Applying to all locales¶
There's also an _all.txt
file,
which specifies synonyms which should be applied across all locales.
Suitable synonyms here include brand names or specific technical terms which won't tend to be localized.
Updating¶
In development synonyms can be updated very easily. Save your changes in the text file and run:
./manage.py es_init --reload-search-analyzers
If no other changes were made to the index configurations, then this should apply successfully, and your already-indexed data will persist within the index and not require any indexing (because these synonyms are applied at query time).
On production¶
The synonym files need to be put in a bundle and uploaded to the Elastic Cloud.
Run the bin/create_elastic_bundle.sh
script to create a zip file with the appropriate directory structure.
(You'll need to have zip
installed for this command to work.)
Then, either create an extension, or update the previously created extension.
And in either case, update the deployment configuration with the custom extension.
.. Note::
When updating the deployment after updating an already-existing extension,
Elastic Cloud may say that no changes are being applied.
That isn't true,
and through testing it seems like the extension is being updated,
and the search analyzers are being reloaded automatically.
From testing,
this seems to be the only approach to update and reload synonyms on the Elastic Cloud.
Updating the extension,
restarting the cluster and using the reload-search-analyzers command *won't* work.
Thankfully there's an open issue upstream to make managing synonyms easier with an API:
https://github.com/elastic/elasticsearch/issues/38523
Character mappings¶
Character mappings cannot be dynamically updated, this is because they're applied at index time. So any changes to a character mapping requires a re-index.

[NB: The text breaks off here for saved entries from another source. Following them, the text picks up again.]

-- ===== src/Topology/Text.antt =====
-- What the topology uses of Python's text: `strip`, `split`, `join`, `int` and `str`. A text is the
-- list of its code points. The decimal digits of other scripts, which `int` takes too, and its limit
-- of 4300 digits are left out.
pub mod Laws
pub mod Splits
use Prim.Native.Nat.{◌/◌, ◌%◌}
use claw_tune.Base.{
  ℕ, zero, suc, ◌+◌, ◌-◌, ◌*◌, ℤ, pos, negsuc, Bool, true, false, ◌&&◌, ◌||◌, Option, none, some,
  List, [], ◌∷◌, ◌++◌, if◌then◌else◌, leb, ◌==◌,
}

abbrev pub Text : Type 0
Text = List ℕ

abbrev pub is_digit : ℕ → Bool
is_digit c = leb b'0' c && leb c b'9'

-- `str.isspace`
abbrev pub is_space : ℕ → Bool
is_space c =
    (leb 9 c && leb c 13)
    || ((leb 28 c && leb c 32)
        || (c == 133
            || (c == 160
                || (c == 5760
                    || ((leb 8192 c && leb c 8202)
                        || (c == 8232
                            || (c == 8233 || (c == 8239 || (c == 8287 || c == 12288)))))))))

abbrev pub is_nil : Text → Bool
is_nil [] = true
is_nil (c ∷ s) = false

unfoldable pub strip_left : Text → Text
strip_left [] = []
strip_left (c ∷ s) = let rest = strip_left s in if is_space c then rest else c ∷ s

unfoldable pub strip_right : Text → Text
strip_right [] = []
strip_right (c ∷ s) = let rest = strip_right s in if is_nil rest && is_space c then [] else c ∷ rest

unfoldable pub strip : Text → Text
strip s = strip_right (strip_left s)

abbrev pub push : ℕ → List Text → List Text
push c [] = (c ∷ []) ∷ []
push c (p ∷ ps) = (c ∷ p) ∷ ps

-- `text.split(sep)`
unfoldable pub split : ℕ → Text → List Text
split sep [] = [] ∷ []
split sep (c ∷ s) = let parts = split sep s in if c == sep then [] ∷ parts else push c parts

-- `sep.join(parts)`
unfoldable pub join : ℕ → List Text → Text
join sep [] = []
join sep (p ∷ []) = p
join sep (p ∷ q ∷ ps) = p ++ sep ∷ join sep (q ∷ ps)

abbrev pub cons_first : ℕ → Option (Text × Text) → Option (Text × Text)
cons_first c none = none
cons_first c (some (a, b)) = some (c ∷ a, b)

-- `text.split(sep, 1)`, if the text has the separator.
unfoldable pub split_once : ℕ → Text → Option (Text × Text)
split_once sep [] = none
split_once sep (c ∷ s) =
    let rest = split_once sep s in if c == sep then some ([], s) else cons_first c rest

abbrev pub negated : ℕ → ℤ
negated zero = pos zero
negated (suc n) = negsuc n

-- The digits of a number, with a single `_` between two of them as Python allows; `after` says that
-- a digit is right before.
unfoldable pub scan : (after : Bool) → Text → ℕ → Option ℕ
scan after [] n = if after then some n else none
scan after (c ∷ s) n =
    let more = scan true s (n * 10 + (c - b'0')) in
    let behind = scan false s n in
    if is_digit c then more else if c == b'_' && after then behind else none

abbrev pub positive : Option ℕ → Option ℤ
positive none = none
positive (some n) = some (pos n)

abbrev pub negative : Option ℕ → Option ℤ
negative none = none
negative (some n) = some (negated n)

abbrev pub signed : Text → Option ℤ
signed [] = none
signed (c ∷ s) =
    if c == b'-'
    then negative (scan false s 0)
    else if c == b'+'
    then positive (scan false s 0)
    else positive (scan false (c ∷ s) 0)

-- `int(text)`, with `none` for its ValueError
unfoldable pub int : Text → Option ℤ
int s = signed (strip s)

-- The digits of `n` before `out`; `fuel` counts the rounds, and `n` rounds are enough.
unfoldable pub digits : (fuel n : ℕ) → Text → Text
digits zero n out = out
digits (suc fuel) n out =
    let more = digits fuel (n / 10) ((b'0' + n % 10) ∷ out) in if n == 0 then out else more

-- `str(n)`
unfoldable pub str : ℕ → Text
str n = if n == 0 then b'0' ∷ [] else digits n n []
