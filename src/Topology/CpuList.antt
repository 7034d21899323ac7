-- ===== src/Topology/CpuList.antt =====
-- `_parse_cpu_list` and `_format_cpu_list`. A set of CPUs is the ascending list of its elements.
pub mod Sets
pub mod Parts
pub mod RoundTrip
pub mod Canonical
use claw_tune.Base.{
  ℕ, zero, suc, ◌+◌, ◌-◌, Bool, true, false, Option, none, some, List, [], ◌∷◌, ◌++◌, ℤ, pos,
  negsuc, if◌then◌else◌, ltb, ◌==◌,
}
use claw_tune.Topology.Text.{Text, is_nil, strip, split, join, split_once, int, str}

-- `cpus.add(x)`
unfoldable pub add : ℕ → List ℕ → List ℕ
add x [] = x ∷ []
add x (y ∷ ys) =
    let rest = add x ys in if ltb x y then x ∷ y ∷ ys else if x == y then y ∷ ys else y ∷ rest

-- `cpus.update(range(start, start + count))`
unfoldable pub add_range : (start count : ℕ) → List ℕ → List ℕ
add_range start zero cpus = cpus
add_range start (suc count) cpus = add_range (suc start) count (add start cpus)

-- `int(start)`, `int(end)` and the tests of the two.
unfoldable pub add_between : Option ℤ → Option ℤ → List ℕ → Option (List ℕ)
add_between (some (pos start)) (some (pos end)) cpus =
    if ltb end start then none else some (add_range start (suc end - start) cpus)
add_between _ _ cpus = none

unfoldable pub add_one : Option ℤ → List ℕ → Option (List ℕ)
add_one (some (pos cpu)) cpus = some (add cpu cpus)
add_one _ cpus = none

-- One round of the loop, with the part stripped.
unfoldable pub parse_part : Text → List ℕ → Option (List ℕ)
parse_part part cpus = if is_nil part then none else elim (split_once b'-' part) [
  | some (start, end) ↦ add_between (int start) (int end) cpus
  | none ↦ add_one (int part) cpus
]

unfoldable pub parse_parts : List Text → List ℕ → Option (List ℕ)
parse_parts [] cpus = some cpus
parse_parts (raw ∷ parts) cpus = elim (parse_part (strip raw) cpus) [
  | none ↦ none
  | some cpus' ↦ parse_parts parts cpus'
]

unfoldable pub parse_cpu_list : Option Text → Option (List ℕ)
parse_cpu_list none = none
parse_cpu_list (some text) = if is_nil (strip text) then none else parse_parts (split b',' text) []

-- `str(start) if start == previous else f"{start}-{previous}"`
unfoldable pub show_range : (start previous : ℕ) → Text
show_range start previous =
    if start == previous then str start else str start ++ b'-' ∷ str previous

-- The loop over the CPUs behind `previous`, and the range that is open at its end.
unfoldable pub show_ranges : (start previous : ℕ) → List ℕ → List Text
show_ranges start previous [] = show_range start previous ∷ []
show_ranges start previous (cpu ∷ cpus) =
    let longer = show_ranges start cpu cpus in
    let next = show_ranges cpu cpu cpus in
    if cpu == previous + 1 then longer else show_range start previous ∷ next

unfoldable pub format_cpu_list : List ℕ → Text
format_cpu_list [] = []
format_cpu_list (cpu ∷ cpus) = join b',' (show_ranges cpu cpu cpus)

-- `range(start, start + count)`
unfoldable pub cpu_range : (start count : ℕ) → List ℕ
cpu_range start zero = []
cpu_range start (suc count) = start ∷ cpu_range (suc start) count

-- `_read_cpu_list`, from the text of the file and `os.cpu_count()`.
abbrev pub read_cpu_list : Option Text → (cpu_count : Option ℕ) → List ℕ
read_cpu_list text cpu_count = elim (parse_cpu_list text) [
  | some cpus ↦ cpus
  | none ↦ elim cpu_count [ none ↦ [] | some count ↦ cpu_range 0 count ]
]
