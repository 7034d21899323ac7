-- ===== src/Topology/Text/Laws.antt =====
-- Numbers that are printed and read again.
use Prim.Native.Nat.{◌/◌, ◌%◌}
use claw_tune.Base.{
  ℕ, zero, suc, ◌+◌, ◌-◌, ◌*◌, ◌≤◌, ◌<◌, ◌≡◌, ◌≢◌, refl, sym, ap, ltb, ltb→lt, Bool-cases, inl, inr,
  pos, Bool, true, false, ◌&&◌, some, List, [], ◌∷◌, ◌++◌, All, if◌then◌else◌, ◌==◌, arith,
}
use claw_tune.Topology.Text.{
  Text, is_space, is_nil, strip_left, strip_right, strip, scan, signed, int, digits, str,
}

abbrev pub IsDigit : ℕ → Type 0
IsDigit c = (b'0' ≤ c) × (c ≤ b'9')

-- A digit or the dash of a range.
abbrev pub IsPlain : ℕ → Type 0
IsPlain c = (b'-' ≤ c) × (c ≤ b'9')

pub All-append :
    {A : Type 0} (P : A → Type 0) (xs ys : List A) → All P xs → All P ys → All P (xs ++ ys)
All-append P [] ys h k = k
All-append P (x ∷ xs) ys h k = (h.0, All-append P xs ys h.1 k)

pub All-IsPlain : (s : Text) → All IsDigit s → All IsPlain s
All-IsPlain [] h = tt
All-IsPlain (c ∷ s) h = ((omega (arith, h.0.0), h.0.1), All-IsPlain s h.1)

pub plain_no_space : (c : ℕ) → IsPlain c → is_space c ≡ false
plain_no_space c h = ground arith

strip_left-plain : (s : Text) → All IsPlain s → strip_left s ≡ s
unfolding strip_left
strip_left-plain [] h = refl
strip_left-plain (c ∷ s) h = rw (plain_no_space c h.0)

strip_right-plain : (s : Text) → All IsPlain s → strip_right s ≡ s
unfolding strip_right
strip_right-plain [] h = refl
strip_right-plain (c ∷ s) h = rw (strip_right-plain s h.1, plain_no_space c h.0) (kept s)
  where
    kept : (t : Text) → (if is_nil t && false then [] else c ∷ t) ≡ c ∷ t
    kept [] = refl
    kept (_ ∷ _) = refl

pub strip-plain : (s : Text) → All IsPlain s → strip s ≡ s
unfolding strip
strip-plain s h = rw (strip_left-plain s h) (strip_right-plain s h)

digits-zero : (fuel : ℕ) (out : Text) → digits fuel 0 out ≡ out
unfolding digits
digits-zero zero out = refl
digits-zero (suc fuel) out = refl

scan_digit :
    (a : Bool) (c n : ℕ) (s : Text)
    → IsDigit c
    → scan a (c ∷ s) n ≡ scan true s (n * 10 + (c - b'0'))
unfolding scan
scan_digit a c n s h = ground arith

-- One round for a number that is not zero.
digits_more :
    (fuel n : ℕ) (out : Text)
    → 0 < n
    → digits (suc fuel) n out ≡ digits fuel (n / 10) ((b'0' + n % 10) ∷ out)
unfolding digits
digits_more fuel n out h = ground (arith, h)

last-IsDigit : (n : ℕ) → IsDigit (b'0' + n % 10)
last-IsDigit n = (omega arith, omega arith)

-- The last digit behind the others.
scan_last :
    (a : Bool) (n : ℕ) (out : Text) → scan a ((b'0' + n % 10) ∷ out) (n / 10) ≡ scan true out n
scan_last a n out =
    rw (scan_digit a (b'0' + n % 10) (n / 10) out (last-IsDigit n))
      (ap (scan true out) (omega arith))

-- The fuel is enough: the digits of a number are read as the number.
scan-digits :
    (a : Bool) (fuel n : ℕ) (out : Text)
    → 0 < n
    → n ≤ fuel
    → scan a (digits fuel n out) 0 ≡ scan true out n
scan-digits a zero n out p h = absurd (omega (arith, p, h))
scan-digits a (suc fuel) n out p h =
    rw (digits_more fuel n out p) (elim (Bool-cases (ltb 0 (n / 10))) [
      | inl q ↦
          rw
            (scan-digits a fuel (n / 10) ((b'0' + n % 10) ∷ out) (ltb→lt 0 (n / 10) q)
              (omega (arith, h, p)))
            (scan_last true n out)
      | inr q ↦
          let z : n / 10 ≡ 0 = ground (arith, q) in
          rw (z, digits-zero fuel ((b'0' + n % 10) ∷ out)) (rw (sym z) (scan_last a n out))
    ])

digits-IsDigit : (fuel n : ℕ) (out : Text) → All IsDigit out → All IsDigit (digits fuel n out)
digits-IsDigit zero n out h = unfold digits in h
digits-IsDigit (suc fuel) zero out h = rw (digits-zero (suc fuel) out) h
digits-IsDigit (suc fuel) (suc k) out h =
    rw (digits_more fuel (suc k) out (omega arith))
      (digits-IsDigit fuel (suc k / 10) ((b'0' + suc k % 10) ∷ out) (last-IsDigit (suc k), h))

digits-ne-nil : (fuel n c : ℕ) (out : Text) → digits fuel n (c ∷ out) ≢ []
digits-ne-nil zero n c out e = unfold digits in absurd cc
digits-ne-nil (suc fuel) zero c out e = absurd (cc (digits-zero (suc fuel) (c ∷ out), e))
digits-ne-nil (suc fuel) (suc k) c out e =
    digits-ne-nil fuel (suc k / 10) (b'0' + suc k % 10) (c ∷ out)
      (cc (digits_more fuel (suc k) (c ∷ out) (omega arith), e))

str-digits : (k : ℕ) → str (suc k) ≡ digits (suc k) (suc k) []
unfolding str
str-digits k = ground arith

pub str-IsDigit : (n : ℕ) → All IsDigit (str n)
str-IsDigit zero = unfold str in ((omega arith, omega arith), tt)
str-IsDigit (suc k) = rw (str-digits k) (digits-IsDigit (suc k) (suc k) [] tt)

pub str-ne-nil : (n : ℕ) → str n ≢ []
str-ne-nil zero e = unfold str in absurd cc
str-ne-nil (suc k) e =
    digits-ne-nil k (suc k / 10) (b'0' + suc k % 10) []
      (cc (digits_more k (suc k) [] (omega arith), str-digits k, e))

scan-str : (n : ℕ) → scan false (str n) 0 ≡ some n
scan-str zero = unfold str scan in refl
scan-str (suc k) =
    rw (str-digits k, scan-digits false (suc k) (suc k) [] (omega arith) (omega arith))
      (unfold scan in refl)

signed_digits :
    (s : Text) (n : ℕ) → All IsDigit s → s ≢ [] → scan false s 0 ≡ some n → signed s ≡ some (pos n)
signed_digits [] n h ne e = absurd (ne refl)
signed_digits (c ∷ s) n h ne e =
    let dash : (c == b'-') ≡ false = ground (arith, h.0) in
    let plus : (c == b'+') ≡ false = ground (arith, h.0) in rw (dash, plus, e) refl

pub int-str : (n : ℕ) → int (str n) ≡ some (pos n)
unfolding int
int-str n =
    rw (strip-plain (str n) (All-IsPlain (str n) (str-IsDigit n)))
      (signed_digits (str n) n (str-IsDigit n) (str-ne-nil n) (scan-str n))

Taking the addon example from above, we'd want to create character mappings like:
[
"add on => addon",
"add-on => addon",
]
Post-tokenization addon
doesn't contain an on
token,
so this is a suitable phrase to replace with.
Unlike synonyms, character mappings are applied before any other part of the analysis chain, so space separated and hyphen-separated phrases need to both be added.
In theory plural and conjugated forms of words also need to be specified, however in practice plural words tend to be covered by the singular replacement as well (e.g. "add on" is a substring in "add ons", so "add ons" is replaced by "addons") and there is marginal benefit to defining every single conjugation of a verb.